## PROBLEM
Among the entries below, find the line with "module _ (now : String) (text_of", then quote it and each following line up to and including the line with "unfoldable pub handle", and nothing else.

## Stored items
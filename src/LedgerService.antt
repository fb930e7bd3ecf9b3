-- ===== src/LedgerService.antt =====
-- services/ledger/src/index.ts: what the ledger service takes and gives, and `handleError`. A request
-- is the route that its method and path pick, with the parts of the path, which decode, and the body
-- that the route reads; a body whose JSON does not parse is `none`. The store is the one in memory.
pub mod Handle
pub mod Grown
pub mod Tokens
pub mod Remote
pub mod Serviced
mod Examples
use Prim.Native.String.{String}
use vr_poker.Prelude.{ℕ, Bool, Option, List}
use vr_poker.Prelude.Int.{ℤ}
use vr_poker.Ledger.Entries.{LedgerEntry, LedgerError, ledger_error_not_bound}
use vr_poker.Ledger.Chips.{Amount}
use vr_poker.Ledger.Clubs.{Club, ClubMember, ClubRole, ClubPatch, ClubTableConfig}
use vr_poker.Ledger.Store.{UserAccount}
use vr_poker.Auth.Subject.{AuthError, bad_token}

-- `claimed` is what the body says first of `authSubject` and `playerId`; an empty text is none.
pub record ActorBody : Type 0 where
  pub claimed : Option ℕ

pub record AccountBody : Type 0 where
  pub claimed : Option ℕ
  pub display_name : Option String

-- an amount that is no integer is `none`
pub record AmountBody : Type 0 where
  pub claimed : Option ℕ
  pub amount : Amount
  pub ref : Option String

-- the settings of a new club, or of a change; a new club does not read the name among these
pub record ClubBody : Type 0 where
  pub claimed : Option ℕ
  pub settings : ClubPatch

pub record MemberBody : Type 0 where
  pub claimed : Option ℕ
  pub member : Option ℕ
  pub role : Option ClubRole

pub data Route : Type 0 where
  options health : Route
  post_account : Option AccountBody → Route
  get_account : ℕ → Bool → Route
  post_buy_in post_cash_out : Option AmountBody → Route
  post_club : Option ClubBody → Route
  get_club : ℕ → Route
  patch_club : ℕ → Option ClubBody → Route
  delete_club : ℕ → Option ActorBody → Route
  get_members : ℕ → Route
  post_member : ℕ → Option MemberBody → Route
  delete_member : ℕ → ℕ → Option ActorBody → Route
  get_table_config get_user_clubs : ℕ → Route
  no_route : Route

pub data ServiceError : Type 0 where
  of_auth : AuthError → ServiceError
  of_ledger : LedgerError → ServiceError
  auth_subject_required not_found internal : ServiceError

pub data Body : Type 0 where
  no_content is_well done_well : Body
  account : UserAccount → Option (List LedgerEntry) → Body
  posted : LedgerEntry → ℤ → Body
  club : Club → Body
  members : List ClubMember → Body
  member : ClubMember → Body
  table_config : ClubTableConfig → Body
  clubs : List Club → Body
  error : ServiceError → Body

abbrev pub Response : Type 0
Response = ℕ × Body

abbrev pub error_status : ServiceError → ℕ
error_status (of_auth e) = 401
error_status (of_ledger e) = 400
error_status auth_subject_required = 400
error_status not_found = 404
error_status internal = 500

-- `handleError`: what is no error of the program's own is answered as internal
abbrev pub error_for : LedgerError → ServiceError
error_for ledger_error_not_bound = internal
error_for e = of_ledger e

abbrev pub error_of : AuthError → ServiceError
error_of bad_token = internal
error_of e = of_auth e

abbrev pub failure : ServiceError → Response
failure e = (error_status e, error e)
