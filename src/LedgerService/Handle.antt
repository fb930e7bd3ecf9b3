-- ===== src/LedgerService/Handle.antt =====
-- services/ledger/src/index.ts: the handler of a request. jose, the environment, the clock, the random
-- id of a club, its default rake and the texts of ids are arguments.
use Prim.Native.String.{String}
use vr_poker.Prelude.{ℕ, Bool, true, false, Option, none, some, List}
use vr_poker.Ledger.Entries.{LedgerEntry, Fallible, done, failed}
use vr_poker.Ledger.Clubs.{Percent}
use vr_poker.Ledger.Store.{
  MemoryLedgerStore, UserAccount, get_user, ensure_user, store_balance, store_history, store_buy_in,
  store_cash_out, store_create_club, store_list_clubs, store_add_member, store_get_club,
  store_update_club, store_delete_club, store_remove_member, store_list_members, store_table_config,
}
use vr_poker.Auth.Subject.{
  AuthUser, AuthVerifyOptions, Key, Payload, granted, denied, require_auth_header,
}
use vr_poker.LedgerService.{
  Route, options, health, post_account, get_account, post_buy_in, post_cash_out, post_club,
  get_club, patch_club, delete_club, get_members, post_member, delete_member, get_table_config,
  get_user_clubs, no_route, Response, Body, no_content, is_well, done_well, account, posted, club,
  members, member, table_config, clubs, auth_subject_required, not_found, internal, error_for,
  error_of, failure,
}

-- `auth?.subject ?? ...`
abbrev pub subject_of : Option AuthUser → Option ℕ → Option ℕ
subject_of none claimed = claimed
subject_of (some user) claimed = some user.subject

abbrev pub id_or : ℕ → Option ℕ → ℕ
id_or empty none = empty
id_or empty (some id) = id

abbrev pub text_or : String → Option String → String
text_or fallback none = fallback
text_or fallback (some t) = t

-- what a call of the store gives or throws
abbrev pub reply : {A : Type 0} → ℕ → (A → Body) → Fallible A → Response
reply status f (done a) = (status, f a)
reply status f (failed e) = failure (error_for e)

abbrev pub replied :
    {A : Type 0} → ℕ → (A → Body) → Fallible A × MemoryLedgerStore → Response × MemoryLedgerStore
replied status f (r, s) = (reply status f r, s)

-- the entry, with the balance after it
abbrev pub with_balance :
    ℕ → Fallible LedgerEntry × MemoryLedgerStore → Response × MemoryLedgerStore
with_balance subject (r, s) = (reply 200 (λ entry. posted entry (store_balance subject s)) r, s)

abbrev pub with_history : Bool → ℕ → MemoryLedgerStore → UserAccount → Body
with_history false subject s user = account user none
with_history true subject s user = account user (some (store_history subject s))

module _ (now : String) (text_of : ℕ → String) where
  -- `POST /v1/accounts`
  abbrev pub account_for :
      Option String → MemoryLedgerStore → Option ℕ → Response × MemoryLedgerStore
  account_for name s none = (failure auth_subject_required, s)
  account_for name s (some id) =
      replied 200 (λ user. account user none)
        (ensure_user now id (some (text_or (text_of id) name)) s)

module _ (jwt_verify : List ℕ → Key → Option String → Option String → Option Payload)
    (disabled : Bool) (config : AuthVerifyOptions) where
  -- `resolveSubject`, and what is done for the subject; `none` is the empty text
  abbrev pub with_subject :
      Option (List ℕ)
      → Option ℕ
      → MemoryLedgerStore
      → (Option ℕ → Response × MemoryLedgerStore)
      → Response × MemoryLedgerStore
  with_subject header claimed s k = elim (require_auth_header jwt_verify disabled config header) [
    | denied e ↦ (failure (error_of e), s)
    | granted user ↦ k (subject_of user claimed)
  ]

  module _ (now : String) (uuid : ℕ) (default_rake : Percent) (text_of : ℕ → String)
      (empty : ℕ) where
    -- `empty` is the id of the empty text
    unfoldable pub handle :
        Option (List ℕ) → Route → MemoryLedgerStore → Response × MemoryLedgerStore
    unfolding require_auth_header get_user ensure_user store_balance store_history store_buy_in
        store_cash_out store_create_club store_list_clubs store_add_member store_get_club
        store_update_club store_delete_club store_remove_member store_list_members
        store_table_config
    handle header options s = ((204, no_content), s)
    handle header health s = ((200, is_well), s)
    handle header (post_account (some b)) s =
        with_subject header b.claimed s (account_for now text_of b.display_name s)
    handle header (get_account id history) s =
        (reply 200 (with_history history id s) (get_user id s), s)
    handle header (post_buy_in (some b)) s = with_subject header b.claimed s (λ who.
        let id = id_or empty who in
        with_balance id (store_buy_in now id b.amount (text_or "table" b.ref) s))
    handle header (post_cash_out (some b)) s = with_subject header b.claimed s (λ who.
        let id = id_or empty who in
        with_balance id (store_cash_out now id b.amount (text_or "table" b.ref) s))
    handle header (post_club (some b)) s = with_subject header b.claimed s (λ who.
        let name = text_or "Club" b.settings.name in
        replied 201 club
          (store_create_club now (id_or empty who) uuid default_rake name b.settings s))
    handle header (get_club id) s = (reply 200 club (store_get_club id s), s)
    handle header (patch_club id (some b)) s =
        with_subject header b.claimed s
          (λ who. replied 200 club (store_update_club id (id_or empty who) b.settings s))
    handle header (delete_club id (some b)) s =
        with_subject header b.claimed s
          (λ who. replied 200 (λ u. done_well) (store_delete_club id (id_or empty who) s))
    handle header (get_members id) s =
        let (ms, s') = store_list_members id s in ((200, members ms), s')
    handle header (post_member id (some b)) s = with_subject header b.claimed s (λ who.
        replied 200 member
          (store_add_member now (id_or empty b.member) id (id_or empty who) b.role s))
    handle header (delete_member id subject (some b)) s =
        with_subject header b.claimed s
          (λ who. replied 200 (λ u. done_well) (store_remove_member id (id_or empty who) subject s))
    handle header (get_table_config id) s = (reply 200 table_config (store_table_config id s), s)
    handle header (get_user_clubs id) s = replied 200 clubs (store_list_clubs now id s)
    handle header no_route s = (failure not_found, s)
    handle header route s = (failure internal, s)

## ANSWER TO THE PROBLEM
module _ (now : String) (text_of : ℕ → String) where
  -- `POST /v1/accounts`
  abbrev pub account_for :
      Option String → MemoryLedgerStore → Option ℕ → Response × MemoryLedgerStore
  account_for name s none = (failure auth_subject_required, s)
  account_for name s (some id) =
      replied 200 (λ user. account user none)
        (ensure_user now id (some (text_or (text_of id) name)) s)

module _ (jwt_verify : List ℕ → Key → Option String → Option String → Option Payload)
    (disabled : Bool) (config : AuthVerifyOptions) where
  -- `resolveSubject`, and what is done for the subject; `none` is the empty text
  abbrev pub with_subject :
      Option (List ℕ)
      → Option ℕ
      → MemoryLedgerStore
      → (Option ℕ → Response × MemoryLedgerStore)
      → Response × MemoryLedgerStore
  with_subject header claimed s k = elim (require_auth_header jwt_verify disabled config header) [
    | denied e ↦ (failure (error_of e), s)
    | granted user ↦ k (subject_of user claimed)
  ]

  module _ (now : String) (uuid : ℕ) (default_rake : Percent) (text_of : ℕ → String)
      (empty : ℕ) where
    -- `empty` is the id of the empty text
    unfoldable pub handle :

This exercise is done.